In totaal zijn er twee sets ROBIN Lite ontwikkeld. Eén set staat standaard op het dak van het TNO laboratorium in Den Haag. De tweede set is beschikbaar voor testdoeleinden in het veld.
2.3
ROBIN Lite horizontale radar Voor de horizontale radar kan in principe iedere willekeurige maritieme (scheeps) radar in de frequentie gebieden X-band en S-Band worden toegepast. Aan de radar hardware zelf waren beperkte wijzigingen noodzakelijk. In verband met de kwaliteit van de antenna en de nauwkeurigheid van de antenna patronen is gekozen voor radars van het merk Furuno. In eerste instantie is gekozen voor een X-Band Furuno radar. Deze is beter dan een S-Band radar in staat om kleinere vogels (zangvogels) te detecteren. Aan de andere kant is deze gevoeliger voor weersinvloeden als regen en sneeuw en heeft deze een iets geringer bereik. Belangrijker is echter de elektronica benodigd om de radarsignalen te kunnen opnemen en te verwerken tot vogelinformatie. Aangezien de radarreflectie van vogels vaak nauwelijks hoger is dan de systeemruis van de radar zijn de eisen die te stellen zijn aan de data-acquisitie dusdanig dat deze elektronica niet als Commercial of the Shelf (COTS) hardware op de markt te verkrijgen is. Daarom is op ontwerp van TNO de data-acquisitie elektronica ontwikkeld door Chess embedded Technology BV uit Haarlem, een gespecialiseerd elektronica ontwikkel bedrijf. De elektronica is dusdanig generiek ontwikkeld dat ook andere radars dan die van Furuno gekoppeld kunnen worden aan ROBIN Lite.
12 / 23
Figuur 2:ROBIN Lite horizontale radar in testopstelling bij windmolenpark bij Dresden
2.4
ROBIN Lite verticale radar Door de wens van gebruikers om hoogte te kunnen bepalen en daarbij soortherkenning mogelijk te maken was de inzet van een gekantelde (horizontale) scheepsradar niet mogelijk. Een scheepsradar zendt een relatief hoog vermogen (maximaal 25kW) uit in pulsen. Voor soortherkenning van vogels is het noodzakelijk om de vogel continu te ‘belichten’. De radar mag daarbij dus niet snel roteren en moet de vogel blijven ‘tracken’. Bij een scheepsradar is dit echter uit veiligheidsoogpunt verboden.

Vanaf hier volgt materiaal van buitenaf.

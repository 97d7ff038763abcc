-- ===== src/Spock/Desired/Filling.antt =====
-- Where one node is filled, every resource of internal/spock/desired.go ranks above what it needs.
use pgedge_helm.Base.{
  ◌<◌, ◌≡◌, sym, true, false, List, [], ◌∷◌, elem, ◌==◌, ==_iff, All, All-map, if◌then◌else◌,
  if_ind, arith, none, subst, Bool-cases, inl, inr, map,
}
use pgedge_helm.Base.Text.{Text, text_key}
use pgedge_helm.Base.Maps.{Map, insert}
use pgedge_helm.Config.{Node, Config}
use pgedge_helm.Resource.{Identifier, identifier_key}
use pgedge_helm.Spock.Names.{pair_id, spock_sub_name}
use pgedge_helm.Spock.Types.{
  ident, resource_type_wait_for_sync_event, resource_type_replication_origin_advance,
}
use pgedge_helm.Spock.Subscription.{new_subscription}
use pgedge_helm.Spock.Object.{Body, subscription, Object, body_identifier}
use pgedge_helm.Spock.Desired.{
  Building, put, Conns, conn_of, add_users_and_nodes, add_peer, is_end, add_peers, gates,
  add_populate_resources, end_state_subscription,
}
use pgedge_helm.Spock.Desired.Rank.{
  IsUnambiguous, sub_rank, sub_rank_filling, sub_rank_into, sub_rank_from,
}
use pgedge_helm.Spock.Desired.Bodies.{
  rk, IsLow, user-IsLow, node-IsLow, slot_create-IsLow, disabled_subscription-IsLow,
  subscription-IsLow, peer_event-IsLow, peer_wait-IsLow, peer_catchup-IsLow, gates_low,
  lag_tracker-IsLow, slot_advance-IsLow, origin_advance-IsLow, source_event-IsLow,
  source_wait-IsLow, rank_source_wait, rank_origin,
}

abbrev pub name_of : Node → Text
name_of x = x.name

pub insert-All :
    (P : Object → Type 0) (k : Identifier) (v : Object) (m : Map Identifier Object)
    → P v
    → All (λ e. P e.1) m
    → All (λ e. P e.1) (insert k v m)
insert-All P k v [] p h = (p, tt)
insert-All P k v ((j, w) ∷ m) p h =
    if_ind (All (λ e. P e.1)) (k == j) (p, h.1) (h.0, insert-All P k v m p h.1)

module _ (cfg : Config) (conns : Conns) (names : List Text) (n s : Text) where
  abbrev pub AllLow : Map Identifier Object → Type 0
  AllLow = All (λ e. IsLow names n s e.1.body)

  pub put-AllLow :
      (body : Body) (b : Building)
      → IsLow names n s body
      → AllLow b.resources
      → AllLow (put body b).resources
  unfolding put
  put-AllLow body b low h =
      insert-All (λ o. IsLow names n s o.body) (body_identifier body)
        (record { address = b.next; body = body }) b.resources low h

  pub users-AllLow :
      (nodes : List Node) (b : Building)
      → AllLow b.resources
      → AllLow (add_users_and_nodes cfg conns nodes b).resources
  unfolding add_users_and_nodes
  users-AllLow [] b h = h
  users-AllLow (x ∷ xs) b h = users-AllLow xs _ (
      put-AllLow _ _ (node-IsLow names n s x cfg.db_name cfg.pgedge_user (conn_of conns x.name)) (
        put-AllLow _ b (user-IsLow names n s x cfg.db_name cfg.pgedge_user (conn_of conns x.name))
          h))

abbrev pub node_names : Config → List Text
node_names cfg = map name_of cfg.nodes

module _ (cfg : Config) (conns : Conns) (fill : Node) where
  abbrev pub Low : Building → Type 0
  Low b = AllLow cfg conns (node_names cfg) fill.name fill.bootstrap.source_node b.resources

  module _ (h : IsUnambiguous (node_names cfg)) (n_in : elem fill.name (node_names cfg) ≡ true)
      (s_in : elem fill.bootstrap.source_node (node_names cfg) ≡ true)
      (ne : (fill.bootstrap.source_node == fill.name) ≡ false) where
    put-Low :
        (body : Body) (b : Building)
        → IsLow (node_names cfg) fill.name fill.bootstrap.source_node body
        → Low b
        → Low (put body b)
    put-Low body b =
        put-AllLow cfg conns (node_names cfg) fill.name fill.bootstrap.source_node body b

    peer-Low :
        (peer : Node) (b : Building)
        → elem peer.name (node_names cfg) ≡ true
        → is_end cfg conns peer fill ≡ false
        → Low b
        → Low (add_peer cfg conns peer fill b)
    unfolding add_peer
    peer-Low peer b p_in apart low =
        let n = fill.name in
        let s = fill.bootstrap.source_node in
        let db = cfg.db_name in
        let other : (peer.name == fill.name) ≡ false = ground arith in
        put-Low _ _ (origin_advance-IsLow (node_names cfg) n s peer.name n db _ _) (
          put-Low _ _ (slot_advance-IsLow (node_names cfg) n s peer.name n db _ _) (
            put-Low _ _ (lag_tracker-IsLow (node_names cfg) n s peer.name _) (
              put-Low _ _
                (peer_catchup-IsLow (node_names cfg) n s h n_in s_in ne peer.name _ _ p_in)
                (put-Low _ _
                  (peer_wait-IsLow (node_names cfg) n s h n_in s_in ne peer.name _ _ p_in)
                  (put-Low _ _
                    (peer_event-IsLow (node_names cfg) n s h n_in s_in ne peer.name db _ p_in other)
                    (put-Low _ _
                      (disabled_subscription-IsLow (node_names cfg) n s peer fill db cfg.pgedge_user
                        _)
                      (put-Low _ b (slot_create-IsLow (node_names cfg) n s peer.name n db _)
                        low)))))))

    pub peers-Low :
        (peers : List Node) (b : Building)
        → All (λ p. elem p.name (node_names cfg) ≡ true) peers
        → Low b
        → Low (add_peers cfg conns peers fill b)
    unfolding add_peers
    peers-Low [] b known low = low
    peers-Low (p ∷ ps) b known low =
        peers-Low ps (if is_end cfg conns p fill then b else add_peer cfg conns p fill b) known.1
          (elim (Bool-cases (is_end cfg conns p fill)) [
            | inl ended ↦
                subst (λ c. Low (if c then b else add_peer cfg conns p fill b)) (sym ended) low
            | inr apart ↦
                subst (λ c. Low (if c then b else add_peer cfg conns p fill b)) (sym apart)
                  (peer-Low p b known.0 apart low)
          ])

    gates_below :
        (peers : List Node)
        → All (λ p. elem p.name (node_names cfg) ≡ true) peers
        → All
            (λ d. rk (node_names cfg) fill.name fill.bootstrap.source_node d < 6)
            (gates cfg conns peers fill)
    unfolding gates
    gates_below [] known = tt
    gates_below (p ∷ ps) known = elim (Bool-cases (is_end cfg conns p fill)) [
      | inl ended ↦ rw ended (gates_below ps known.1)
      | inr apart ↦
          let (w, c) =
            gates_low (node_names cfg) fill.name fill.bootstrap.source_node h n_in s_in ne p.name 0
              none known.0 in
          rw apart (w, (c, gates_below ps known.1))
    ]

    pub populate-Low :
        (b : Building)
        → All (λ p. elem p.name (node_names cfg) ≡ true) cfg.nodes
        → Low b
        → Low (add_populate_resources cfg conns fill b).0
          × All
              (λ d. rk (node_names cfg) fill.name fill.bootstrap.source_node d < 6)
              (add_populate_resources cfg conns fill b).1
    unfolding add_populate_resources
    populate-Low b known low = (
      put-Low _ _ (source_wait-IsLow (node_names cfg) fill.name fill.bootstrap.source_node _ _) (
          put-Low _ _ (source_event-IsLow (node_names cfg) fill.name fill.bootstrap.source_node _)
            (peers-Low cfg.nodes b known low)),
      gates_below cfg.nodes known,
    )

    module _ (waits : List Identifier)
        (below : All
          (λ d. rk (node_names cfg) fill.name fill.bootstrap.source_node d < 6)
          waits) where
      abbrev pub fresh : Map Text Node
      fresh = (fill.name, fill) ∷ []

      abbrev pub peer_deps : Map Text (List Identifier)
      peer_deps = (fill.name, waits) ∷ []

      pub end_state_subscription-IsLow :
          (src dst : Node)
          → elem src.name (node_names cfg) ≡ true
          → elem dst.name (node_names cfg) ≡ true
          → (src.name == dst.name) ≡ false
          → IsLow
              (node_names cfg)
              fill.name
              fill.bootstrap.source_node
              (end_state_subscription cfg conns fresh peer_deps src dst)
      end_state_subscription-IsLow src dst src_in dst_in differ =
          let n = fill.name in
          let s = fill.bootstrap.source_node in
          let ns = node_names cfg in
          elim (Bool-cases (dst.name == fill.name)) [
            | inl to_new ↦
                let at_new = (==_iff dst.name n).0 to_new in
                elim (Bool-cases (src.name == fill.bootstrap.source_node)) [
                  | inl from_source ↦
                      let own : sub_rank ns n s (spock_sub_name src.name dst.name) ≡ 6 =
                        cc ((==_iff src.name s).0 from_source, at_new, sub_rank_filling ns n s) in
                      let body : end_state_subscription cfg conns fresh peer_deps src dst
                          ≡ subscription (
                              new_subscription src dst cfg.db_name cfg.pgedge_user true
                                (conn_of conns dst.name) (waits)) =
                        ground arith in
                      subst (IsLow ns n s) (sym body) (
                        subscription-IsLow ns n s src dst cfg.db_name cfg.pgedge_user true _ waits
                          (All-map (λ d l. omega (arith, own, l)) waits below))
                  | inr other ↦
                      let own : sub_rank ns n s (spock_sub_name src.name dst.name) ≡ 12 =
                        cc (at_new, sub_rank_into ns n s h n_in s_in ne src.name src_in other) in
                      let old : (src.name == fill.name) ≡ false =
                        subst (λ x. (src.name == x) ≡ false) at_new differ in
                      let body : end_state_subscription cfg conns fresh peer_deps src dst
                          ≡ subscription (
                              new_subscription src dst cfg.db_name cfg.pgedge_user false
                                (conn_of conns dst.name)
                                (ident resource_type_replication_origin_advance
                                    (pair_id src.name dst.name)
                                  ∷ [])) =
                        ground arith in
                      subst (IsLow ns n s) (sym body) (
                        subscription-IsLow ns n s src dst cfg.db_name cfg.pgedge_user false _ _
                          (omega (arith, own, rank_origin ns n s (pair_id src.name dst.name)), tt))
                ]
            | inr to_old ↦ elim (Bool-cases (src.name == fill.name)) [
              | inl from_new ↦
                  let at_new = (==_iff src.name n).0 from_new in
                  let own : sub_rank ns n s (spock_sub_name src.name dst.name) ≡ 9 =
                    cc (at_new, sub_rank_from ns n s h n_in s_in ne dst.name dst_in to_old) in
                  let wait : rk ns n s
                        (ident resource_type_wait_for_sync_event (pair_id s src.name))
                      ≡ 8 =
                    cc (at_new, rank_source_wait ns n s) in
                  let body : end_state_subscription cfg conns fresh peer_deps src dst
                      ≡ subscription (
                          new_subscription src dst cfg.db_name cfg.pgedge_user false
                            (conn_of conns dst.name)
                            (ident resource_type_wait_for_sync_event (pair_id s src.name) ∷ [])) =
                    ground arith in
                  subst (IsLow ns n s) (sym body) (
                    subscription-IsLow ns n s src dst cfg.db_name cfg.pgedge_user false _ _
                      (omega (arith, own, wait), tt))
              | inr from_old ↦
                  let body : end_state_subscription cfg conns fresh peer_deps src dst
                      ≡ subscription (
                          new_subscription src dst cfg.db_name cfg.pgedge_user false
                            (conn_of conns dst.name) ([])) =
                    ground arith in
                  subst (IsLow ns n s) (sym body)
                    (subscription-IsLow ns n s src dst cfg.db_name cfg.pgedge_user false _ [] tt)
            ]
          ]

Als dit type radar stopt met roteren wordt dan ook automatisch het versturen van de radarpulsen gestopt. Een radartechnologie die wel het continu aanstralen van vogels op één locatie mogelijk maakt is de Frequency Modulated Continuous Wave (FMCW) technologie. Hierbij worden niet radarpulsen uitgezonden, maar wordt er continu uitgezonden. Als gevolg hiervan is het niet meer mogelijk om één antenna zowel als zend en ontvangst antenna te laten functioneren. Er is dus altijd sprake van een zendantenne en een ontvangstantenne, zoals uit onderstaande afbeeldingen blijkt. Naast de wijze van zenden is ook de wijze van signaal generatie anders bij een FMCW radar. De FMCW radar is een zgn. solid state radar. Een solid state radar is intrinsiek minder onderhoudsgevoelig dan een standaard pulse radar (dat gebruik maakt van een meer conventionele magnetron i.p.v. de integrated circuits in een solid state radar) Tijdens de metingen is gebleken dat vogels gedetecteerd werden tot ongeveer 3km. Initieel is gebruik gemaakt van een zendvermogen van 25mW voor de FMCW radar. Dit vermogen is opgevoerd tot ongeveer 500mW waarmee de gevoeligheid van deze radar is verbeterd.
13 / 23
Figuur 3. ROBIN Lite verticale radar
2.5
ROBIN Lite performance Het vaststellen van de exacte prestaties, waaronder het bepalen van het horizontale en verticale bereik, van een system als ROBIN is lastig. De uiteindelijke bereikte prestaties met het systeem zijn afhankelijk van vele en complexe factoren, De maximale detectie afstand bijvoorbeeld is, naast het vermogen, afhankelijk van positie van de radar, ground clutter, type en omvang van de vogels, positie van de vogel in de radarbundel, weersomstandigheden, ect. Onderstaande tabel geeft het bereik weer van ROBIN in min of meer optimale omstandigheden: droog weer, vrij zicht en geen bijzondere propagatie omstandigheden. Maximale detectie afstand is hierbij gedefinieerd als de afstand waarop een die haaks op de radar bundel vliegt nog betrouwbaar gedetecteerd kan worden.
Maximum range (m)
Pulse X-Band
Pulse S-Band
FMCW
Klein (spreeuw) Middel (duif) Groot (gans)
800 2500 4500
1000 3500 7000
500 1500 2500
De maximale hoogte tot waarop vogels gedetecteerd kunnen worden met een horizontaal radar is een functie van horizontaal bereik en kanteling van de radar (het ROBIN systeem kent twee standen: een hoek van 10 en een hoek van 20 graden). Om uiteindelijk de actuele hoogte te bepalen is een verticaal opgestelde radar nodig.
2.6
ROBIN Lite registratie Het ROBIN Lite systeem kent een aantal mogelijkheden voor het registeren van vliegpaden. Naast de standaard tracking in 2D met de horizontale radar is in combinatie met de FMWC radar het mogelijk om vogels in 3D te volgen. In de zogenaamde “staring mode”, waarbij de FMCW radar stil staat en in een vaste richting straalt, levert de FMCW radar hoogte en vleugelslag informatie
14 / 23
van vogels door de bundel vliegen. In de zogenaamde “scanning mode”, waarbij het radar een opgegeven gebied scant, wordt hoogte informatie verzameld van vogels in de gescande sector. In de zogenaamde “tracking mode”, eigenlijk een voortdurend bijgestuurde combinatie van staring en scanning modes, wordt het FMCW radar door de horizontale radar (of door een gebruiker) naar een specifieke vogeltrack gestuurd om daarvan zowel hoogte als vleugelslag frequenties te bepalen.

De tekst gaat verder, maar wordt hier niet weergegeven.